L'analisi presentata dalla società di business intelligence in occasione del Beverage Forum Europe 2025 rivela che il mercato totale delle bevande in Europa ha raggiunto un valore di 166 miliardi di euro, rappresentando quasi un quarto (23%) della domanda totale di prodotti di largo consumo (CPG) alimentare nei sei maggiori mercati europei analizzati da Circana (Francia, Germania, Italia, Paesi Bassi, Spagna, Regno Unito). Mentre il valore complessivo delle vendite è cresciuto del 2,1% e il volume è aumentato dello 0,6% su base annua, la vera notizia è la divergenza: le bevande alcoliche sono scivolate dell’1,8% in valore, attestandosi a 68 miliardi di euro, mentre le bevande analcoliche sono cresciute del 5,1%, raggiungendo i 97 miliardi di euro. Con bevande analcoliche, funzionali e opzioni a basso contenuto alcolico o zero alcol che costituiscono ormai quasi il 60% delle vendite della categoria, il futuro della crescita è saldamente nelle mani dell'innovazione analcolica. Un trend che illumina anche il fuoricasa, dove, sempre secondo Circanca, cresce il consumo di bevande trainato dalla crescita delle occasioni di consumo piuttosto che degli atti di consumo che, in particolare, vedono una diminuzione del 6% degli ascquisti di alcolici nei locali. 

Cosa cercano i consumatori? Bevande fresce, plant-based, salutari. 

I consumatori citano l'essere "più rinfrescanti" (55%), "più sane con ingredienti di origine vegetale" e "migliori nel gusto" (27%), "più salutari" (22%) e "adatte al mio stile di vita" (21%) come ragioni principali per passare dall'alcol ad alternative come le bevande funzionali, quelle a base proteica, il kombucha e le opzioni a basso/zero alcol con effetti benefici sull'umore. "Il messaggio per i brand è chiaro: proseguire con le stesse strategie del passato non è più una strategia di crescita. La crescita non verrà da rimedi a breve termine, ma da una reinvenzione strategica. Poiché nuovi consumatori, esigenze e occasioni di consumo stanno ridefinendo il mercato, la leadership di categoria apparterrà a coloro che rafforzeranno le proprie capacità, innovando con un obiettivo, integrando la sostenibilità e coinvolgendo gli acquirenti in modi credibili e duraturi", Ananda Roy, svp thought leadership di Circana.

Le priorità per rinnovare la strategia beverage secondo Circana. 

Ma quali sono i driver dell'evoluzione del mercato beverage? 
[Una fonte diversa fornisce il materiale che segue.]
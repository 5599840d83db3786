-- ===== src/Http/Date.antt =====
-- http/date.cpp: `Date`, on `gmtime_r` and `strftime` of the C library, in the locale "C". Seconds count
-- from 1970 on; a time before it has no model. The buffer of 64 characters is always large enough.
pub mod Calendar
pub mod Read
use lambda.Base.{
  ℕ, zero, suc, ◌+◌, ◌-◌, ◌*◌, ◌/◌, ◌%◌, Bool, true, false, not, ◌&&◌, ◌||◌, [], ◌∷◌, ◌++◌, Bytes,
  codes, ◌==◌, ltb, if◌then◌else◌, byte_at,
}
use lambda.Base.Decimal.{to_decimal}

-- The fields of `struct tm` that are printed, with the year and the day as they are printed. `tm_mon` and
-- `tm_wday` begin at 0, with January and Sunday.
pub record Tm : Type 0 where
  pub year : ℕ
  pub tm_mon : ℕ
  pub tm_mday : ℕ
  pub tm_wday : ℕ
  pub tm_hour : ℕ
  pub tm_min : ℕ
  pub tm_sec : ℕ

unfoldable pub is_leap : ℕ → Bool
is_leap y = y % 4 == 0 && (not (y % 100 == 0) || y % 400 == 0)

unfoldable pub days_in_year : ℕ → ℕ
unfolding is_leap
days_in_year y = if is_leap y then 366 else 365

-- Of the month that begins at 0 with January.
unfoldable pub days_in_month : ℕ → ℕ → ℕ
unfolding is_leap
days_in_month y m =
    if m == 1
    then (if is_leap y then 29 else 28)
    else if m == 3 || m == 5 || m == 8 || m == 10
    then 30
    else 31

-- The year from `y` on, and the day in it. A year is a day long at least, so that the days are rounds enough.
unfoldable pub find_year : ℕ → ℕ → ℕ → ℕ × ℕ
find_year zero y d = (y, d)
find_year (suc rounds) y d =
    let later = find_year rounds (y + 1) (d - days_in_year y) in
    if ltb d (days_in_year y) then (y, d) else later

-- The month from `m` on, with `left` months behind it.
unfoldable pub find_month : ℕ → ℕ → ℕ → ℕ → ℕ × ℕ
find_month zero y m d = (m, d)
find_month (suc left) y m d =
    let later = find_month left y (m + 1) (d - days_in_month y m) in
    if ltb d (days_in_month y m) then (m, d) else later

unfoldable pub gmtime : ℕ → Tm
unfolding find_year find_month
gmtime epoch =
    let days = epoch / 86400 in
    let seconds = epoch % 86400 in
    let year_day = find_year (days + 1) 1970 days in
    let month_day = find_month 11 (year_day.0) 0 (year_day.1) in
    record {
      year = year_day.0;
      tm_mon = month_day.0;
      tm_mday = month_day.1 + 1;
      tm_wday = (days + 4) % 7;
      tm_hour = seconds / 3600;
      tm_min = seconds / 60 % 60;
      tm_sec = seconds % 60;
    }

pub record Date : Type 0 where
  pub m_unix : ℕ
  pub m_tms : Tm

-- The constructor from a time. The other takes what the clock says.
unfoldable pub new_date : ℕ → Date
unfolding gmtime
new_date epoch = record { m_unix = epoch; m_tms = gmtime epoch }

abbrev pub day_names : Bytes
day_names = codes "SunMonTueWedThuFriSat"

abbrev pub month_names : Bytes
month_names = codes "JanFebMarAprMayJunJulAugSepOctNovDec"

-- The three letters of a name.
abbrev pub letters : Bytes → ℕ → Bytes → Bytes
letters names k rest =
    byte_at names (3 * k) ∷ byte_at names (3 * k + 1) ∷ byte_at names (3 * k + 2) ∷ rest

-- A number below 100 with two digits.
abbrev pub two_digits : ℕ → Bytes → Bytes
two_digits n rest = (48 + n / 10) ∷ (48 + n % 10) ∷ rest

-- "%H:%M:%S"
abbrev pub clock : Tm → Bytes → Bytes
clock tm rest =
    two_digits tm.tm_hour (b':' ∷ two_digits tm.tm_min (b':' ∷ two_digits tm.tm_sec rest))

-- "%a, %d %b %Y" and what follows.
abbrev pub day_text : Tm → Bytes → Bytes
day_text tm rest = letters day_names tm.tm_wday (
    b','
    ∷ b' '
    ∷ two_digits tm.tm_mday
        (b' ' ∷ letters month_names tm.tm_mon (b' ' ∷ (to_decimal tm.year ++ rest))))

-- "%a, %d %b %Y %H:%M:%S GMT"
unfoldable pub to_utc_string : Date → Bytes
to_utc_string d = day_text d.m_tms (b' ' ∷ clock d.m_tms (codes " GMT"))

-- "%a, %d %b %Y"
unfoldable pub date_text : Date → Bytes
date_text d = day_text d.m_tms []

-- "%H:%M:%S %d/%m/%Y"
unfoldable pub to_log_string : Date → Bytes
to_log_string d =
    let tm = d.m_tms in
    clock tm
      (b' ' ∷ two_digits tm.tm_mday (b'/' ∷ two_digits (tm.tm_mon + 1) (b'/' ∷ to_decimal tm.year)))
  • Nuovi consumatori, nuove occasioni: i cambiamenti negli stili di vita e nei rituali stanno ridefinendo l’accezione delle bevande, richiedendo ai brand di adattare la propria offerta a modelli di consumo in evoluzione.
  • Crescita nei segmenti adiacenti: le categorie al di fuori dell'alcol tradizionale stanno accelerando e avranno un impatto crescente sul settore dei vini e dei superalcolici.
  • La sostenibilità come motore di crescita: non è più solo una questione di conformità; la sostenibilità ora rappresenta un'opportunità commerciale, sebbene limitata dalla disponibilità e dall'accessibilità economica. I brand che sapranno spiccare su entrambi i fronti otterranno un vantaggio competitivo.
  • Innovazione con uno scopo: una vera reinvenzione nel design del prodotto, nei prezzi, nella distribuzione e nell'engagement dei consumatori, e non solo promozioni a breve termine. Tutto questo sarà ciò che renderà nuovamente rilevanti e desiderabili i vini e i superalcolici.
  • La moderazione ridefinisce la domanda: l'ascesa nel gradimento del basso/zero alcol riflette un cambiamento strutturale verso la moderazione e la sotto-consunzione. Sebbene ciò modificherà la domanda di categoria entro il 2045, l'eredità storica e l'artigianalità dei brand rimangono asset potenti.